▸ EXTRACTED INFORMATION:

-- ===== src/Core/Conflict/Detected.antt =====
-- Which pairs internal/core/conflict.go detects.
use mathlib.Core.Bool.{false≢true}
use vatbrain.Prelude.{
  ℕ, ◌≡◌, ◌≢◌, refl, sym, ap, ◌∙◌, true, false, ◌||◌, none, List, [], ◌∷◌, ◌++◌, length, All,
  All-append, In, In-All, is_some, leb, string_eq, Bool-cases, Option-cases, inl, inr,
  if◌then◌else◌, arith,
}
use vatbrain.Prelude.Dict.{Dict, empty, lookup}
use vatbrain.Prelude.Dict.Entries.{AllPairs, insert-AllPairs, lookup-AllPairs, values-AllPairs}
use vatbrain.Prelude.Text.{Text}
use vatbrain.Float.{Float64, zero_f}
use vatbrain.Models.Common.{MemoryType}
use vatbrain.Models.Semantic.{SemanticMemory}
use vatbrain.Core.Conflict.Directive.{Polarity, detect_polarity, same_polarity, bigram_dice}
use vatbrain.Core.Conflict.{
  ConflictPair, ConflictDetector, bucket_of, bucketed, fill_buckets, contradicts, pairs_with,
  pairs_in, pairs_in_all, detect,
}

same_polarity_refl : (p : Polarity) → same_polarity p p ≡ true
unfolding same_polarity
same_polarity_refl Polarity.neutral = refl
same_polarity_refl Polarity.prohibitive = refl
same_polarity_refl Polarity.affirmative = refl

module _ {W : Type 0} ⦃d : Float64 W⦄ where
  -- The rule is one of those given, and active.
  abbrev pub IsActiveIn : List (SemanticMemory W) → SemanticMemory W → Type 0
  IsActiveIn rules r = In r rules × (r.obsoleted_at ≡ none)

  abbrev IsOf : List (SemanticMemory W) → MemoryType → SemanticMemory W → Type 0
  IsOf rules t r = (r.type ≡ t) × IsActiveIn rules r

  abbrev AllOf : List (SemanticMemory W) → MemoryType → List (SemanticMemory W) → Type 0
  AllOf rules t bucket = All (IsOf rules t) bucket

  bucketed-AllOf :
      (rules : List (SemanticMemory W)) (max : ℕ) (m : Dict MemoryType (List (SemanticMemory W)))
      (r : SemanticMemory W)
      → In r rules
      → AllPairs (AllOf rules) m.entries
      → AllPairs (AllOf rules) (bucketed max m r).entries
  unfolding bucketed bucket_of
  bucketed-AllOf rules max m r i h =
      let bucket = bucket_of (lookup r.type m) in
      let old : AllOf rules r.type bucket = elim (Option-cases (lookup r.type m)) [
        | inl e ↦ rw e tt
        | inr (b, e) ↦ rw e (lookup-AllPairs (AllOf rules) r.type m h e)
      ] in
      elim (Bool-cases (is_some r.obsoleted_at || leb max (length bucket))) [
        | inl e ↦ rw e h
        | inr e ↦
            let active : r.obsoleted_at ≡ none = ground arith in
            rw e (
              insert-AllPairs (AllOf rules) r.type (bucket ++ r ∷ []) m
                (All-append (IsOf rules r.type) bucket (r ∷ []) old ((refl, (i, active)), tt)) h)
      ]

  fill_buckets-AllOf :
      (rules : List (SemanticMemory W)) (max : ℕ) (m : Dict MemoryType (List (SemanticMemory W)))
      (rs : List (SemanticMemory W))
      → All (λ r. In r rules) rs
      → AllPairs (AllOf rules) m.entries
      → AllPairs (AllOf rules) (fill_buckets max m rs).entries
  unfolding fill_buckets
  fill_buckets-AllOf rules max m [] is h = h
  fill_buckets-AllOf rules max m (r ∷ rs) (i, is) h =
      fill_buckets-AllOf rules max (bucketed max m r) rs is (bucketed-AllOf rules max m r i h)

  -- Both contents are directives, of different polarities, and enough of their bigrams are common.
  pub record IsOpposed (min_sim : W) (a b : SemanticMemory W) : Type 0 where
    pub directive_a : (detect_polarity a.content).1 ≡ true
    pub directive_b : (detect_polarity b.content).1 ≡ true
    pub opposite : (detect_polarity a.content).0 ≢ (detect_polarity b.content).0
    pub similar : d.lt (bigram_dice a.content b.content) min_sim ≡ false

  contradicts-IsOpposed :
      (min_sim : W) (a b : SemanticMemory W)
      → contradicts min_sim a b ≡ true
      → IsOpposed min_sim a b
  unfolding contradicts
  contradicts-IsOpposed min_sim a b h =
      let pa = (detect_polarity a.content).0 in
      let pb = (detect_polarity b.content).0 in
      let other : same_polarity pa pb ≡ false = ground (arith, h) in
      record {
        directive_a = ground (arith, h);
        directive_b = ground (arith, h);
        opposite =
            λ e. false≢true (sym other ∙ ap (same_polarity pa) (sym e) ∙ same_polarity_refl pa);
        similar = ground (arith, h);
      }

  module _ (describe : SemanticMemory W → SemanticMemory W → Text) where
    -- Two active rules of one type that contradict each other.
    abbrev pub IsConflict : List (SemanticMemory W) → W → ConflictPair W → Type 0
    IsConflict rules min_sim pair =
        IsActiveIn rules pair.rule_a
        × IsActiveIn rules pair.rule_b
        × (pair.rule_a.type ≡ pair.rule_b.type)
        × IsOpposed min_sim pair.rule_a pair.rule_b

    pairs_with-IsConflict :
        (rules : List (SemanticMemory W)) (t : MemoryType) (min_sim : W) (a : SemanticMemory W)
        (bs : List (SemanticMemory W))
        → IsOf rules t a
        → AllOf rules t bs
        → All (IsConflict rules min_sim) (pairs_with describe min_sim a bs)
    unfolding pairs_with
    pairs_with-IsConflict rules t min_sim a [] h hs = tt
    pairs_with-IsConflict rules t min_sim a (b ∷ bs) (e, h) ((e', k), hs) =
        let rest = pairs_with-IsConflict rules t min_sim a bs (e, h) hs in
        elim (Bool-cases (contradicts min_sim a b)) [
          | inl c ↦ rw c ((h, k, e ∙ sym e', contradicts-IsOpposed min_sim a b c), rest)
          | inr c ↦ rw c rest
        ]

    pairs_in-IsConflict :
        (rules : List (SemanticMemory W)) (t : MemoryType) (min_sim : W)
        (bucket : List (SemanticMemory W))
        → AllOf rules t bucket
        → All (IsConflict rules min_sim) (pairs_in describe min_sim bucket)
    unfolding pairs_in
    pairs_in-IsConflict rules t min_sim [] hs = tt
    pairs_in-IsConflict rules t min_sim (a ∷ bs) (h, hs) =
        All-append (IsConflict rules min_sim) _ _ (pairs_with-IsConflict rules t min_sim a bs h hs)
          (pairs_in-IsConflict rules t min_sim bs hs)

    pairs_in_all-IsConflict :
        (rules : List (SemanticMemory W)) (min_sim : W) (buckets : List (List (SemanticMemory W)))
        → All (λ b. (t : MemoryType) × AllOf rules t b) buckets
        → All (IsConflict rules min_sim) (pairs_in_all describe min_sim buckets)
    unfolding pairs_in_all
    pairs_in_all-IsConflict rules min_sim [] hs = tt
    pairs_in_all-IsConflict rules min_sim (b ∷ bs) ((t, h), hs) =
        All-append (IsConflict rules min_sim) _ _ (pairs_in-IsConflict rules t min_sim b h)
          (pairs_in_all-IsConflict rules min_sim bs hs)

    -- Every pair that is detected consists of two of the given rules, both active and of one type,
    -- with opposite directives and enough bigrams in common.
    pub detect-IsConflict :
        (detector : ConflictDetector W) (rules : List (SemanticMemory W))
        → All
            (IsConflict rules (
              if d.le detector.min_bigram_similarity zero_f
              then d.ratio 25 100
              else detector.min_bigram_similarity))
            (detect describe detector rules)
    unfolding detect
    detect-IsConflict detector rules = pairs_in_all-IsConflict rules _ _ (
        values-AllPairs (AllOf rules) _ _ (λ t b h. (t, h))
          (fill_buckets-AllOf rules _ empty rules (In-All _ rules (λ r i. i)) tt))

▸ WHAT IS NEEDED:
Only a number is wanted: how many lines of the data above contain "MemoryType"?

▸ SOLUTION BELOW:
8